### PROBLEM TO SOLVE
A complete response lists each line of the data below that includes the word "answers".

### SUPPLIED DATA
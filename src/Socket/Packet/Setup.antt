-- ===== src/Socket/Packet/Setup.antt =====
-- Opening a packet socket with its ring, binding and closing it.
use asrt.Base.{Bool, true, false, List, [], ◌∷◌, ◌++◌, replicate, if◌then◌else◌}
use asrt.ErrorCode.{Result, ok, err, unable_to_obtain_if_index}
use asrt.Socket.Packet.{
  PacketSocket, PacketMmapMode, mmap_disabled, default_block_num, is_mmap_enabled,
}

pub data SetupCall : Type 0 where
  opens sets_version sets_ring maps level_triggered : SetupCall

module _ {H : Type 0} where
  -- `SetupPacketMmap`, by the answers of setsockopt(2) for the version and for the ring, and of mmap(2).
  unfoldable pub setup_packet_mmap :
      Result (Unit {0})
      → Result (Unit {0})
      → Result (Unit {0})
      → PacketSocket H
      → Result (Unit {0}) × PacketSocket H × List SetupCall
  setup_packet_mmap (err error) requested mapped s = (err error, s, sets_version ∷ [])
  setup_packet_mmap (ok done) (err error) mapped s = (err error, s, sets_version ∷ sets_ring ∷ [])
  setup_packet_mmap (ok done) (ok set) (err error) s =
      (err error, s, sets_version ∷ sets_ring ∷ maps ∷ [])
  setup_packet_mmap (ok done) (ok set) (ok map) s = (
    ok tt,
    record s { total_block_num = default_block_num; ring = replicate default_block_num false },
    sets_version ∷ sets_ring ∷ maps ∷ [],
  )

  -- The end of `Open`.
  finish_open :
      PacketMmapMode
      → Bool
      → Result (Unit {0}) × PacketSocket H × List SetupCall
      → Result (Unit {0}) × PacketSocket H × List SetupCall
  finish_open mode has_reactor (err error, s, calls) = (err error, s, opens ∷ calls)
  finish_open mode has_reactor (ok done, s, calls) = (
    ok tt,
    record s { mmap_mode = mode },
    opens ∷ (calls ++ (if has_reactor then level_triggered ∷ [] else [])),
  )

  -- `Open`, by the answer of the base's `Open`.
  unfoldable pub open_packet :
      PacketMmapMode
      → Bool
      → Result (Unit {0})
      → Result (Unit {0})
      → Result (Unit {0})
      → Result (Unit {0})
      → PacketSocket H
      → Result (Unit {0}) × PacketSocket H × List SetupCall
  unfolding setup_packet_mmap finish_open is_mmap_enabled
  open_packet mode has_reactor opened versioned requested mapped s = elim opened [
    | err error ↦ (err error, s, opens ∷ [])
    | ok done ↦
        let s' : PacketSocket H = record s { is_open = true } in
        finish_open mode has_reactor (
          if is_mmap_enabled mode
          then setup_packet_mmap versioned requested mapped s'
          else (ok tt, s', []))
  ]

  -- `OnCloseEvent`, when the base has closed the socket.
  unfoldable pub close_packet : PacketSocket H → PacketSocket H
  close_packet s = record s {
    is_open = false;
    recv_ongoing = false;
    send_ongoing = false;
    mmap_mode = mmap_disabled;
    total_block_num = 0;
    current_block_index = 0;
    ring = [];
  }

-- `BindToEndpointImpl`, by the answers of `GetNetIfIndex` and bind(2).
unfoldable pub bind_packet : {A : Type 0} → Result A → Result (Unit {0}) → Result (Unit {0})
bind_packet (err error) bound = err unable_to_obtain_if_index
bind_packet (ok index) bound = bound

### REPLY
  -- `SetupPacketMmap`, by the answers of setsockopt(2) for the version and for the ring, and of mmap(2).
-- `BindToEndpointImpl`, by the answers of `GetNetIfIndex` and bind(2).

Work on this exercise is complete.